Tous sont venus rendre hommage aux 21 victimes de l'attentat-suicide de dimanche 1er juillet. Parmi elles : Atvar Singh, candidat pour représenter la minorité sikhe au Parlement aux élections d'octobre et Rawal Singh, figure éminente et active de la communauté. Une attaque revendiquée par le groupe Etat islamique, dont les bases en Afghanistan sont situées dans plusieurs districts de la province du Nangarhar, autour de Jalalabad.

Colère

« Nous exigeons une enquête du gouvernement sur cet attentat, faute de quoi nous irons manifester devant l'ambassade américaine et d'autres, à Kaboul, prévient le fils du candidat, Narendar Singh. C'est un gouvernement faible qui n'arrive à protéger personne. »

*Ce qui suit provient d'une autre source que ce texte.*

-- ===== src/Rfit/Function.antt =====
-- include/RFIT/F/function.h and src/RFIT/F/function.cpp: one function `F`, its queue of waiting
-- instances and the count of its free places. Each method that takes `globalIQueue`'s or `restCap`'s
-- lock is one step. A pointer is a number, the null pointer 0.
pub mod Pull
pub mod Capacity
use tpfaas.Base.{
  ℕ, zero, suc, ◌+◌, ◌-◌, ◌*◌, ◌/◌, ◌%◌, ◌^◌, ◌<◌, ◌≡◌, refl, Bool, true, false, not, ◌||◌, String,
  List, [], ◌∷◌, ◌++◌, ltb, ◌==◌, if◌then◌else◌, ℤ, pos, negsuc, ◌+ℤ◌, ◌-ℤ◌, ltb_ℤ, Outcome, ok,
  fault, ◌>>=◌, ◌>>◌, assert, no_overflow, overflow,
}
use tpfaas.Utils.Queue
use tpfaas.Utils.Queue.{Queue}

-- `nullptr`
abbrev pub null : ℕ
null = 0

pub record F : Type 0 where
  pub name : String
  pub entry_addr : ℕ
  pub r : ℕ
  pub concurrency_limit : ℕ
  pub global_i_queue : Queue ℕ
  pub rest_cap : ℤ

-- The constructor. It leaves `restCap.count` as memory has it: `junk`.
unfoldable pub new_f : String → ℕ → ℕ → ℕ → ℤ → F
new_f function_name entry_addr r concurrency_limit junk = record {
  name = function_name;
  entry_addr = entry_addr;
  r = r;
  concurrency_limit = concurrency_limit;
  global_i_queue = Queue.new_queue;
  rest_cap = junk;
}

-- `isConcurrency`
unfoldable pub is_concurrency : F → Bool
is_concurrency f = ltb 1 f.concurrency_limit

-- `addI2F`
unfoldable pub add_i2f : F → ℕ → F
add_i2f f i = record f { global_i_queue = Queue.enqueue f.global_i_queue i }

-- `getICount`
unfoldable pub get_i_count : F → ℕ
get_i_count f = Queue.size f.global_i_queue

-- The `for` loop of `tryGetMultiI`, with the rounds that are left.
unfoldable pub pull_loop : ℕ → List ℕ → Queue ℕ → List ℕ × Queue ℕ
pull_loop zero i_vector q = (i_vector, q)
pull_loop (suc n) i_vector q =
    let (i, q1) = Queue.try_dequeue q null in pull_loop n (i_vector ++ i ∷ []) q1

-- `tryGetMultiI`: the vector is returned beside the function.
unfoldable pub try_get_multi_i : F → List ℕ → ℕ → List ℕ × F
unfolding get_i_count pull_loop
try_get_multi_i f i_vector count =
    let i_count = get_i_count f in
    if i_count == 0 || count == 0
    then (i_vector, f)
    else let pull_count = (if ltb count i_count then count else i_count) in
      let (v, q) = pull_loop pull_count i_vector f.global_i_queue in
      (v, record f { global_i_queue = q })

-- `tryScaleDownCap`
unfoldable pub try_scale_down_cap : F → ℤ → Outcome (Bool × F)
unfolding is_concurrency ◌-ℤ◌
try_scale_down_cap f scale_count = do
  assert (not (ltb_ℤ scale_count (pos 0)))
  assert (is_concurrency f)
  if ltb_ℤ f.rest_cap scale_count then ok (false, f) else (do
    assert (not (ltb_ℤ (f.rest_cap -ℤ scale_count) (pos 0)))
    ok (true, record f { rest_cap = f.rest_cap -ℤ scale_count }))

-- Whether an integer is an `Iptr`.
unfoldable pub is_iptr : ℤ → Bool
is_iptr (pos n) = ltb n (2 ^ 63)
is_iptr (negsuc n) = ltb n (2 ^ 63)

-- `scaleCap`, with the count that it returns: the sum is one of `Iptr`s.
unfoldable pub scale_cap : F → ℤ → Outcome (ℤ × F)
unfolding is_concurrency is_iptr ◌+ℤ◌
scale_cap f scale_count = do
  assert (is_concurrency f)
  no_overflow (is_iptr (f.rest_cap +ℤ scale_count))
  assert (not (ltb_ℤ (f.rest_cap +ℤ scale_count) (pos 0)))
  ok (f.rest_cap +ℤ scale_count, record f { rest_cap = f.rest_cap +ℤ scale_count })

-- The conversion of a `Uptr` to `Iptr` where one is passed for the other.
unfoldable pub to_iptr : ℕ → ℤ
to_iptr n = if ltb n (2 ^ 63) then pos n else negsuc (2 ^ 64 - 1 - n)

-- `0 - c` on `Uptr`
abbrev pub negate : ℕ → ℕ
negate c = (2 ^ 64 - c) % 2 ^ 64
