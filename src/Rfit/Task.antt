-- ===== src/Rfit/Task.antt =====
-- include/RFIT/T/task.h and the methods of src/RFIT/T/task.cpp that work on one thread `T`, its
-- local map of instances and the function that it works for. A method takes the objects that it
-- changes and returns them; `hash_of` stands for `item->getHash()` on the instances.
pub mod Contents
pub mod Taking
pub mod Fetch
pub mod Leave
pub mod Stealing
use tpfaas.Base.{
  ℕ, ◌/◌, Bool, true, false, not, ◌&&◌, ◌||◌, List, [], ◌∷◌, ◌++◌, length, ltb, leb, ◌==◌,
  if◌then◌else◌, Outcome, ok, ◌>>=◌, ◌>>◌, assert,
}
use tpfaas.Wavm.{HashMap, map_size}
use tpfaas.Rfit.Function.{
  F, null, is_concurrency, get_i_count, try_get_multi_i, scale_cap, to_iptr, negate,
}

-- `T_status`
pub data TStatus : Type 0 where
  idle busy none : TStatus

pub record T (hm : HashMap ℕ) : Type 0 where
  pub hash : ℕ
  pub sem_word : ℕ
  pub work_for : ℕ
  pub deal_with : ℕ
  pub direct_run : Bool
  pub local_i_map : hm.Map
  pub status : TStatus

module _ (hm : HashMap ℕ) where
  open hm use {Map, entries, add, remove}

  -- `getICount`
  abbrev pub local_count : T hm → ℕ
  local_count t = map_size hm t.local_i_map

  -- `takeIFromILocalMap_safe`: the instance, the count that is left, the thread
  unfoldable pub take_i_from_i_local_map : T hm → ℕ × ℕ × T hm
  take_i_from_i_local_map t = elim (entries t.local_i_map) [
    | [] ↦ (null, 0, t)
    | (key, value) ∷ _ ↦ (
      value,
      map_size hm (remove t.local_i_map key),
      record t { local_i_map = remove t.local_i_map key },
    )
  ]

  -- the loop of `addMultiI`
  unfoldable pub add_all : (ℕ → ℕ) → Map → List ℕ → Map
  add_all hash_of m [] = m
  add_all hash_of m (item ∷ rest) = add_all hash_of (add m (hash_of item) item) rest

  -- `addMultiI`
  unfoldable pub add_multi_i : (ℕ → ℕ) → T hm → List ℕ → T hm
  add_multi_i hash_of t i_vector = record t { local_i_map = add_all hash_of t.local_i_map i_vector }

  abbrev pub is_empty : List ℕ → Bool
  is_empty [] = true
  is_empty (_ ∷ _) = false

  -- `tryGetIFromF2T_safe`; `f` is what `workFor` points to.
  unfoldable pub try_get_i_from_f2t : (ℕ → ℕ) → T hm → F → ℕ → ℕ × T hm × F
  unfolding add_multi_i
  try_get_i_from_f2t hash_of t f count =
      if ltb (get_i_count f) 1 || ltb count 1
      then (0, t, f)
      else let (i_vector, f1) = try_get_multi_i f [] count in
        if is_empty i_vector
        then (0, t, f1)
        else (length i_vector, add_multi_i hash_of t i_vector, f1)

  -- `attachToF_safe`, with the function `f` at the address `fp`
  unfoldable pub attach_to_f : T hm → ℕ → F → Outcome (T hm × F)
  attach_to_f t fp f =
      if is_concurrency f
      then (do
        (_, f1) ← scale_cap f (to_iptr f.concurrency_limit)
        ok (record t { work_for = fp }, f1))
      else ok (t, f)

  -- `leaveFromF_safe`
  unfoldable pub leave_from_f : T hm → F → Outcome F
  leave_from_f t f = do
    assert (not (t.work_for == null))
    if is_concurrency f
        then (do (_, f1) ← scale_cap f (to_iptr (negate f.concurrency_limit)); ok f1)
        else ok f

  -- In `get_I_from_I_local_task_queue_and_supply_I_from_F_if_need`: the second try on the local map
  -- after something was pulled while nothing had been found.
  unfoldable pub take_again : ℕ → ℕ → T hm → Outcome (ℕ × T hm)
  take_again pulled i t =
      if not (pulled == 0) && (i == null)
      then (let (i1, _, t1) = take_i_from_i_local_map t in
          do assert (not (i1 == null)); ok (i1, t1))
      else ok (i, t)

  -- The method up to its call of `leaveFromF_safe`: the instance or `null`.
  unfoldable pub fetch_i : (ℕ → ℕ) → T hm → F → Outcome (ℕ × T hm × F)
  fetch_i hash_of t f =
      let (i, count, t1) = take_i_from_i_local_map t in
      let half_concurrency_limit = f.concurrency_limit / 2 in
      if leb count half_concurrency_limit
      then (let (pulled, t2, f2) = try_get_i_from_f2t hash_of t1 f half_concurrency_limit in
          do (i3, t3) ← take_again pulled i t2; ok (i3, t3, f2))
      else (do assert (not (i == null)); ok (i, t1, f))

  -- `get_I_from_I_local_task_queue_and_supply_I_from_F_if_need`
  unfoldable pub get_i_and_supply : (ℕ → ℕ) → T hm → F → Outcome (ℕ × T hm × F)
  get_i_and_supply hash_of t f = if not (is_concurrency f) then ok (null, t, f) else (do
    (i, t1, f1) ← fetch_i hash_of t f
    f2 ← (if i == null then leave_from_f t1 f1 else ok f1)
    ok (i, t1, f2))

  -- The loop of `tryGetIFromOtherT2T_safe` over the other map: the vector and this thread's map.
  unfoldable pub steal_loop : ℕ → List ℕ → Map → List (ℕ × ℕ) → List ℕ × Map
  steal_loop pull_count i_vector own [] = (i_vector, own)
  steal_loop pull_count i_vector own ((key, value) ∷ rest) =
      let v = i_vector ++ value ∷ [] in
      let more = steal_loop pull_count v (remove own key) rest in
      if length v == pull_count then (v, remove own key) else more

  -- `tryGetIFromOtherT2T_safe`, with the caller and the other thread after it; `other_f` is what the other
  -- thread's `workFor` points to. The loop removes each key from the caller's own map.
  unfoldable pub try_get_i_from_other_t2t : (ℕ → ℕ) → T hm → T hm → F → ℕ × T hm × T hm
  unfolding steal_loop add_multi_i
  try_get_i_from_other_t2t hash_of t other_t other_f =
      if leb (local_count other_t) (other_f.concurrency_limit / 2)
      then (0, t, other_t)
      else let pull_count = local_count other_t / 2 in
        let (i_vector, own) =
          steal_loop pull_count [] t.local_i_map (entries other_t.local_i_map) in
        (pull_count, add_multi_i hash_of (record t { local_i_map = own }) i_vector, other_t)
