-- ===== src/Rfit/World.antt =====
-- The memory of the process: the objects at their addresses, the two global caches, and the
-- primitive reads and writes. Functions, resources and threads are never deleted, so each has a
-- value at every address that the code hands out; an instance is deleted, so `live` says whether
-- its address may still be read.
pub mod Threads
pub mod Registry
pub mod Requests
pub mod Search
pub mod Registration
pub mod Binding
pub mod Serving
pub mod Moves
pub mod Direct
pub mod OwnQueue
pub mod Life
use tpfaas.Base.{
  ℕ, suc, ◌+◌, Bool, true, false, String, ◌==◌, if◌then◌else◌, ℤ, Outcome, ok, fault, dangling,
}
use tpfaas.Wavm.{HashMap, Hashing}
use tpfaas.Rfit.Function.{F}
use tpfaas.Rfit.Resource.{R}
use tpfaas.Rfit.Task.{T}

-- `class I`, without the context that it runs in and its timer.
pub record I : Type 0 where
  pub hash : ℕ
  pub f : ℕ
  pub request : ℕ

-- What the program runs on, and the build option `STEAL_INSTANCE`.
pub record Platform : Type 1 where
  pub hm : HashMap ℕ
  pub sm : HashMap String
  pub hashing : Hashing
  -- what the n-th call of `pthread_create` returns
  pub pthread_create : ℕ → ℕ
  -- what the memory of a new function's `restCap.count` holds
  pub uninitialised : ℕ → ℤ
  pub steal_instance : Bool

abbrev pub update {ℓ} : {A : Type ℓ} → (ℕ → A) → ℕ → A → ℕ → A
update heap p a q = if p == q then a else heap q

pub record World (p : Platform) : Type 0 where
  pub functions : ℕ → F
  pub resources : ℕ → R p.hm
  pub instances : ℕ → I
  pub threads : ℕ → T p.hm
  pub live : ℕ → Bool
  -- which threads have an operating system thread under them
  pub started : ℕ → Bool
  pub creations : ℕ
  -- the addresses below this one are in use
  pub next : ℕ
  -- `FunctionCache` and `ResourceCache`
  pub function_map : p.sm.Map
  pub resource_map : p.hm.Map

module _ (p : Platform) where
  abbrev pub set_f : World p → ℕ → F → World p
  set_f w a f = record w { functions = update w.functions a f }

  abbrev pub set_r : World p → ℕ → R p.hm → World p
  set_r w a r = record w { resources = update w.resources a r }

  abbrev pub set_t : World p → ℕ → T p.hm → World p
  set_t w a t = record w { threads = update w.threads a t }

  -- `i->getHash()`, `item->getHash()` on a live instance
  abbrev pub hash_of : World p → ℕ → ℕ
  hash_of w i = (w.instances i).hash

Le jeune homme explique à l'Agence France-Presse (AFP) qu'un rendez-vous de son père avec le président Ghani, prévu le matin, a été annulé à la dernière minute : « Ils nous ont demandé de revenir l'après-midi vers 15h30. Une vingtaine d'anciens des communautés sikhe et hindoue voulaient rencontrer le président. (...) Nous les avons conduits dans trois voitures, mais arrivés à proximité des bâtiments du gouverneur (provincial), les forces de sécurité nous ont arrêtés et priés de sortir des voitures : c'est là que le kamikaze à pied s'est approché et s'est fait sauter au milieu de nous », raconte Narendar Singh.

Exode

Selon la représentation indienne en Afghanistan, les sikhs et les hindous ne seraient plus qu'un millier environ aujourd'hui, à Kaboul, Ghazni (sud-est) et Jalalabad principalement, contre 50 000 estimés avant le début de la guerre contre l'URSS en 1979.

L'exode a commencé, massivement, avec l'invasion soviétique puis s'est poursuivi au fil des conflits successifs qui secouent le pays depuis bientôt quarante ans. Le sikhisme est une religion monothéiste apparue au XVIe siècle dans le nord-ouest de l'Inde avec la volonté de dépasser les clivages entre les deux religions majoritaires dans le pays : l'hindouisme et l'islam.